1: Don't be the idiot that makes them have to stop the lift. Have your **** clear and together before you get to the station. Using a lift is not complicated in any way but, somehow, some idiot always manages to screw it up.

2: Don't chill in the middle of the trail. When you stop get WAY the fvck out of the way.

3: The faster you go in the tech the smoother it is. It all comes down to commitment level. Line up and pin it. You'll skip right over the sketchy stuff.

4. Run your rebound quicker than normal and stay on your toes.

5. Prepare to break a few parts.

6. If you learn nothing else technique wise learn to pump the terrain. Stay light over rough stuff and send the bike into the backside of everything that even resembles a tranny. The back of a tiny little rock can be good for a LOT of speed if you manage to get the bike into it cleanly. NEVER miss a purpose built roller. They are more useful like that than as jumps. Master this and rocks can actually be flowy and you'll find tons of speed with minimal effort.
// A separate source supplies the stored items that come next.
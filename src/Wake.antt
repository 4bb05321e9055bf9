-- ===== src/Wake.antt =====
-- src/peer_wake.py: the evidence of an idle wake, in the keys `wake_pending`, `last_wake` and
-- `wake_counts`. A record is a JSON object, as in the source; times are whole ticks of the clock.
pub mod Events
pub mod Rank
pub mod Decide
pub mod Frame
use peer_chat.Base.{
  ℕ, ◌+◌, String, Bool, true, false, not, ◌&&◌, ◌||◌, Option, none, some, if◌then◌else◌, ◌==◌, ltb,
  nat_eq, max, is_some,
}
use peer_chat.Base.Int.{ℤ, pos, negsuc}
use peer_chat.Base.Json.{
  Value, null, int, real, str, obj, Fields, end, field, insert, member, is_obj, is_text, is_str,
  is_null, truthy,
}
use peer_chat.Base.Text.{strip, matches_uuid}
use peer_chat.Store.{Store, get, put, delete}

-- The keys of RANK.
pub data WakeState : Type 0 where
  writing queued failed uncertain activated raced cancelled : WakeState

abbrev pub name : WakeState → String
name WakeState.writing = "writing"
name WakeState.queued = "queued"
name WakeState.failed = "failed"
name WakeState.uncertain = "uncertain"
name WakeState.activated = "activated"
name WakeState.raced = "raced"
name WakeState.cancelled = "cancelled"

-- RANK, shifted by one, so that 0 is the -1 of `RANK.get(state, -1)`.
abbrev pub rank : WakeState → ℕ
rank WakeState.writing = 1
rank WakeState.queued = 2
rank WakeState.failed = 2
rank WakeState.uncertain = 2
rank WakeState.activated = 3
rank WakeState.raced = 3
rank WakeState.cancelled = 3

abbrev pub rank_of : Value → ℕ
rank_of v =
    if is_text v "writing"
    then 1
    else if is_text v "queued" || (is_text v "failed" || is_text v "uncertain")
    then 2
    else if is_text v "activated" || (is_text v "raced" || is_text v "cancelled")
    then 3
    else 0

-- `state in COUNTED`, and `state in PENDING_STATES`
abbrev pub is_counted : WakeState → Bool
is_counted WakeState.writing = false
is_counted WakeState.queued = false
is_counted _ = true

abbrev pub is_pending : WakeState → Bool
is_pending WakeState.writing = true
is_pending WakeState.queued = true
is_pending WakeState.failed = true
is_pending WakeState.uncertain = true
is_pending _ = false

-- `_valid_id`
unfoldable pub valid_id : Value → Bool
unfolding matches_uuid
valid_id (str s) = matches_uuid s
valid_id _ = false

-- `_get`: a stored null counts as missing.
abbrev pub get_or : Store → String → Value → Value
get_or s key default = let v = get s key null in if is_null v then default else v

-- `_counts`: a count that is no whole number of zero or more is read as 0.
abbrev pub count_of : Value → String → ℕ
count_of raw key = elim (member raw key) [ int n ↦ (elim n [ pos k ↦ k | negsuc k ↦ 0 ]) | _ ↦ 0 ]

abbrev count_field : Value → String → Fields → Fields
count_field raw key rest = field key (int (pos (count_of raw key))) rest

unfoldable pub counts : Store → Fields
counts s =
    let raw = get_or s "wake_counts" (obj end) in
    count_field raw "activated" (
      count_field raw "raced"
        (count_field raw "cancelled" (count_field raw "failed" (count_field raw "uncertain" end))))

-- `counts[state] += 1`
abbrev increment : String → Fields → Fields
increment key c = insert key (int (pos (count_of (obj c) key + 1))) c

-- `_bump`
unfoldable pub bump : WakeState → Store → Store
unfolding counts
bump state s =
    if is_counted state then put "wake_counts" (obj (increment (name state) (counts s))) s else s

-- The optional arguments of `_record`.
pub record Evidence : Type 0 where
  pub queue_id : Option String
  pub event : Option String
  pub turn : Option String
  pub detail : String

abbrev pub or_null : Option String → Value
or_null none = null
or_null (some s) = str s

abbrev pub seconds : Value → ℕ
seconds (real n) = n
seconds (int (pos n)) = n
seconds _ = 0

-- `if x is not None: record[key] = x`
abbrev pub insert_some : String → Option String → Fields → Fields
insert_some key none d = d
insert_some key (some x) d = insert key (str x) d

-- `if queue_id and not record.get("queue_id")`: an id that is known is not replaced.
abbrev pub backfills : Evidence → Fields → Bool
backfills e d =
    elim e.queue_id [ none ↦ false | some q ↦ not (q == "") ]
    && not (truthy (member (obj d) "queue_id"))

abbrev pub backfill : Evidence → Fields → Fields
backfill e d = if backfills e d then insert_some "queue_id" e.queue_id d else d

-- The record of a wake that goes on, and that of a new one.
abbrev pub timed : WakeState → ℕ → Fields → Fields
timed state now d =
    insert "at" (real (max (seconds (member (obj d) "at")) now))
      (insert "state" (str (name state)) d)

abbrev pub finish : Evidence → Fields → Fields
finish e d =
    let evented = insert_some "turn" e.turn (insert_some "event" e.event (backfill e d)) in
    if e.detail == "" then evented else insert "detail" (str e.detail) evented

abbrev pub advance : WakeState → Evidence → ℕ → Fields → Fields
advance state e now d = finish e (timed state now d)

abbrev pub fresh : String → WakeState → Evidence → ℕ → Fields
fresh wake state e now = field "id" (str wake) (
    field "queue_id" (or_null e.queue_id) (
      field "state" (str (name state)) (
        field "at" (real now) (
          field "event" (or_null e.event)
            (field "turn" (or_null e.turn) (field "detail" (str e.detail) end))))))

-- The end of `_record`: the record is stored, and `wake_pending` is set or cleared with it.
abbrev pub mark : String → WakeState → Fields → Store → Store
mark wake state d s =
    let stored = put "last_wake" (obj d) s in
    let queue = member (obj d) "queue_id" in
    let marker = field "id" (str wake) (
      field "status" (str (name state)) (
        field "at" (member (obj d) "at")
          (if truthy queue then field "queue_id" queue end else end))) in
    if is_pending state
    then put "wake_pending" (obj marker) stored
    else delete "wake_pending" stored

-- `new_rank < current_rank or (new_rank == current_rank and current_rank == 2)`
abbrev pub refuses : WakeState → Fields → Bool
refuses state d =
    let current = rank_of (member (obj d) "state") in
    ltb (rank state) current || (nat_eq (rank state) current && nat_eq current 3)

-- A refused transition may only fill in the queue id.
pub refuse : Evidence → Fields → Store → Fields × Store
refuse e d s = (backfill e d, if backfills e d then put "last_wake" (obj (backfill e d)) s else s)

pub proceed : String → WakeState → Evidence → ℕ → Fields → Store → Fields × Store
proceed wake state e now d s =
    let d' = advance state e now d in
    let s' = if ltb (rank_of (member (obj d) "state")) (rank state) then bump state s else s in
    (d', mark wake state d' s')

pub transition : String → WakeState → Evidence → ℕ → Fields → Store → Fields × Store
transition wake state e now d s =
    if refuses state d then refuse e d s else proceed wake state e now d s

-- `isinstance(last, dict) and last.get("id") == wake_id`
abbrev pub is_wake : String → Value → Bool
is_wake wake last = is_obj last && is_text (member last "id") wake

pub begin : String → WakeState → Evidence → ℕ → Store → Fields × Store
begin wake state e now s = let d = fresh wake state e now in (d, mark wake state d (bump state s))

-- `_record`
unfoldable pub record_state : String → WakeState → Evidence → ℕ → Store → Fields × Store
unfolding begin transition refuse proceed bump
record_state wake state e now s = elim (get_or s "last_wake" null) [
  | obj d ↦
      if is_text (member (obj d) "id") wake
      then transition wake state e now d s
      else begin wake state e now s
  | _ ↦ begin wake state e now s
]

-- `_pending`
unfoldable pub pending : Store → Option Value
unfolding valid_id
pending s =
    let v = get_or s "wake_pending" null in
    if is_obj v && valid_id (member v "id") then some v else none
7: If you manage to learn two new techniques get your braking dialed. Use your front brake to control your speed and your back brake to steer. Assuming you have traction the back will straighten up in a hurry if you use the back brake. If you don't have traction your back brake can move the bike around a lot. Your better off using your hips for sliding though. Use your front brake right before a turn, line up with it, carry speed w/out brake, aiming from high gradually toward the inside. Then if you have a control issue in the end of the turn use your back brake to bring things back in check. If you use either brake when you're starting to stall in steep rocks it means you're going over the bars. You're better off just ditching the bike and trying to land on your feet.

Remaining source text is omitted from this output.